◆ EXERCISE INSTRUCTIONS ◆
Nothing outside the stretch is wanted. Repeat exactly the lines of the listing below from the one that contains "appenders = heap;" through the one that contains "emit_nothing stdout = ok []", both ends included.

◆ GIVEN DATA ◆
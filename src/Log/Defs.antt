-- ===== src/Log/Defs.antt =====
-- `LogAppender`, `Logger` and `LoggerManager` (log/logger.h and .cpp). Shared pointers are addresses of
-- the lists `formatters`, `appenders` and `loggers`.
use sylar_net_server_framewo.Common.{
  ℕ, zero, suc, Bool, true, false, not, Option, none, some, List, [], ◌∷◌, ◌++◌, leb, ◌==◌,
  if◌then◌else◌, length, get_elem?, set,
}
use sylar_net_server_framewo.Common.Checked.{Checked, ok, undefined, ◌>>=◌}
use sylar_net_server_framewo.Addr.Lookup.{same_text}
use sylar_net_server_framewo.Log.Items.{
  Level, level_number, debug, LogEvent, LogFormatter, log_formatter, format,
}

-- `StdoutLogAppender` and `FileLogAppender`, with its path
pub data Sink : Type 0 where
  stdout : Sink
  file : List ℕ → Sink

-- `m_hasFormatter` is none until `setFormatter` sets it: no constructor does.
pub record LogAppender : Type 0 where
  pub sink : Sink
  pub has_formatter : Option Bool
  pub formatter : Option ℕ
  pub level : Level

pub record Logger : Type 0 where
  pub name : List ℕ
  pub level : Level
  pub appenders : List ℕ
  pub formatter : ℕ
  pub root : Option ℕ

pub record LoggerManager : Type 0 where
  pub formatters : List LogFormatter
  pub appenders : List LogAppender
  pub loggers : List Logger
  pub names : List (List ℕ × ℕ)

abbrev pub level_le : Level → Level → Bool
level_le a b = leb (level_number a) (level_number b)

-- `new StdoutLogAppender` and `new FileLogAppender(path)`
unfoldable pub new_appender : Sink → LogAppender
new_appender sink = record { sink = sink; has_formatter = none; formatter = none; level = debug }

-- `LogAppender::setFormatter`
unfoldable pub set_appender_formatter : Option ℕ → LogAppender → LogAppender
set_appender_formatter none a = record a { formatter = none; has_formatter = some false }
set_appender_formatter (some f) a = record a { formatter = some f; has_formatter = some true }

-- `Logger::Logger`, with the formatter of `DEFAULT_FORMAT` at `formatter`
unfoldable pub new_logger : List ℕ → ℕ → Logger
new_logger name formatter = record {
  name = name;
  level = debug;
  appenders = [];
  formatter = formatter;
  root = none;
}

-- `if(!appender->getFormatter()) { appender->m_formatter = m_formatter; }`
abbrev pub with_formatter : ℕ → LogAppender → LogAppender
with_formatter f a = elim a.formatter [ none ↦ record a { formatter = some f } | some g ↦ a ]

-- `Logger::addAppender`, of the appender at `a` to the logger at `l`
unfoldable pub add_appender : ℕ → ℕ → LoggerManager → Checked LoggerManager
add_appender l a m = elim (get_elem? m.loggers l) [
  | none ↦ undefined
  | some logger ↦ elim (get_elem? m.appenders a) [
    | none ↦ undefined
    | some appender ↦ ok (record m {
      appenders = set m.appenders a (with_formatter logger.formatter appender);
      loggers = set m.loggers l (record logger { appenders = logger.appenders ++ a ∷ [] });
    })
  ]
]

-- `Logger::delAppender` and `clearAppenders`, on the list of appenders
unfoldable pub del_appender : ℕ → List ℕ → List ℕ
del_appender a [] = []
del_appender a (b ∷ bs) = let rest = del_appender a bs in if b == a then bs else b ∷ rest

unfoldable pub change_appenders : (List ℕ → List ℕ) → ℕ → LoggerManager → Checked LoggerManager
change_appenders f l m = elim (get_elem? m.loggers l) [
  | none ↦ undefined
  | some logger ↦
      ok (record m { loggers = set m.loggers l (record logger { appenders = f logger.appenders }) })
]

unfoldable pub clear_appenders : List ℕ → List ℕ
clear_appenders as' = []

-- The loop of `Logger::setFormatter`: reading a flag that was not set is undefined.
unfoldable pub spread : ℕ → List ℕ → List LogAppender → Checked (List LogAppender)
spread f [] heap = ok heap
spread f (a ∷ as') heap = elim (get_elem? heap a) [
  | none ↦ undefined
  | some appender ↦ elim appender.has_formatter [
    | none ↦ undefined
    | some b ↦
        spread f as' (if b then heap else set heap a (record appender { formatter = some f }))
  ]
]

-- `Logger::setFormatter`
unfoldable pub set_formatter : ℕ → ℕ → LoggerManager → Checked LoggerManager
set_formatter l f m = elim (get_elem? m.loggers l) [
  | none ↦ undefined
  | some logger ↦ spread f logger.appenders m.appenders >>= λ heap.
      ok
        (record m { appenders = heap; loggers = set m.loggers l (record logger { formatter = f }) })
]

-- `Logger::setFormatter(const std::string&)`: a pattern with an error changes nothing.
unfoldable pub set_pattern : ℕ → List ℕ → LoggerManager → Checked LoggerManager
set_pattern l pattern m = elim (log_formatter pattern) [
  | none ↦ undefined
  | some f ↦
      if f.has_error
      then ok m
      else set_formatter l (length m.formatters) (record m { formatters = m.formatters ++ f ∷ [] })
]

abbrev pub Strftime : Type 0
Strftime = List ℕ → ℕ → List ℕ

-- What `log` of the appenders writes; the file appender does not ask for its level.
unfoldable pub emit : Sink → Bool → List ℕ → List (Sink × List ℕ)
emit stdout enabled text = if enabled then (stdout, text) ∷ [] else []
emit (file path) enabled text = (file path, text) ∷ []

-- Without a formatter only the appender to the standard output writes nothing.
unfoldable pub emit_nothing : Sink → Checked (List (Sink × List ℕ))
emit_nothing stdout = ok []
emit_nothing (file path) = undefined

unfoldable pub append_log :
    Strftime → List LogFormatter → Level → LogEvent → LogAppender → Checked (List (Sink × List ℕ))
append_log strftime formatters level e a = elim a.formatter [
  | none ↦ emit_nothing a.sink
  | some f ↦ elim (get_elem? formatters f) [
    | none ↦ undefined
    | some formatter ↦ ok (emit a.sink (level_le a.level level) (format strftime level e formatter))
  ]
]

unfoldable pub append_all :
    Strftime → LoggerManager → Level → LogEvent → List ℕ → Checked (List (Sink × List ℕ))
append_all strftime m level e [] = ok []
append_all strftime m level e (a ∷ as') = elim (get_elem? m.appenders a) [
  | none ↦ undefined
  | some appender ↦ append_log strftime m.formatters level e appender >>= λ out.
      append_all strftime m level e as' >>= λ rest. ok (out ++ rest)
]

-- `Logger::log`, with fuel for the roots that it goes on to
unfoldable pub log :
    ℕ → Strftime → LoggerManager → ℕ → Level → LogEvent → Checked (List (Sink × List ℕ))
log zero strftime m l level e = undefined
log (suc fuel) strftime m l level e = elim (get_elem? m.loggers l) [
  | none ↦ undefined
  | some logger ↦ if not (level_le logger.level level) then ok [] else elim logger.appenders [
    | a ∷ as' ↦ append_all strftime m level e (a ∷ as')
    | [] ↦ elim logger.root [ none ↦ ok [] | some r ↦ log fuel strftime m r level e ]
  ]
]

-- `LoggerManager::LoggerManager`, with the formatter of `DEFAULT_FORMAT`
unfoldable pub logger_manager : LogFormatter → LoggerManager
logger_manager default_formatter = record {
  formatters = default_formatter ∷ [];
  appenders = with_formatter 0 (new_appender stdout) ∷ [];
  loggers = record (new_logger (114 ∷ 111 ∷ 111 ∷ 116 ∷ []) 0) { appenders = 0 ∷ [] } ∷ [];
  names = (114 ∷ 111 ∷ 111 ∷ 116 ∷ [], 0) ∷ [];
}

-- `m_loggers.find`
unfoldable pub find_name : List ℕ → List (List ℕ × ℕ) → Option ℕ
find_name name [] = none
find_name name (e ∷ es) =
    let rest = find_name name es in if same_text e.0 name then some e.1 else rest

-- `LoggerManager::addLogger`; the root logger is at 0, and the new logger has a formatter of its own.
unfoldable pub add_logger : LogFormatter → List ℕ → LoggerManager → ℕ × LoggerManager
add_logger default_formatter name m = elim (find_name name m.names) [
  | some l ↦ (l, m)
  | none ↦ (
    length m.loggers,
    record m {
      formatters = m.formatters ++ default_formatter ∷ [];
      loggers = m.loggers ++ record (new_logger name (length m.formatters)) { root = some 0 } ∷ [];
      names = (name, length m.loggers) ∷ m.names;
    },
  )
]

◆ EXERCISE OUTPUT ◆
        (record m { appenders = heap; loggers = set m.loggers l (record logger { formatter = f }) })
]

-- `Logger::setFormatter(const std::string&)`: a pattern with an error changes nothing.
unfoldable pub set_pattern : ℕ → List ℕ → LoggerManager → Checked LoggerManager
set_pattern l pattern m = elim (log_formatter pattern) [
  | none ↦ undefined
  | some f ↦
      if f.has_error
      then ok m
      else set_formatter l (length m.formatters) (record m { formatters = m.formatters ++ f ∷ [] })
]

abbrev pub Strftime : Type 0
Strftime = List ℕ → ℕ → List ℕ

-- What `log` of the appenders writes; the file appender does not ask for its level.
unfoldable pub emit : Sink → Bool → List ℕ → List (Sink × List ℕ)
emit stdout enabled text = if enabled then (stdout, text) ∷ [] else []
emit (file path) enabled text = (file path, text) ∷ []

-- Without a formatter only the appender to the standard output writes nothing.
unfoldable pub emit_nothing : Sink → Checked (List (Sink × List ℕ))
emit_nothing stdout = ok []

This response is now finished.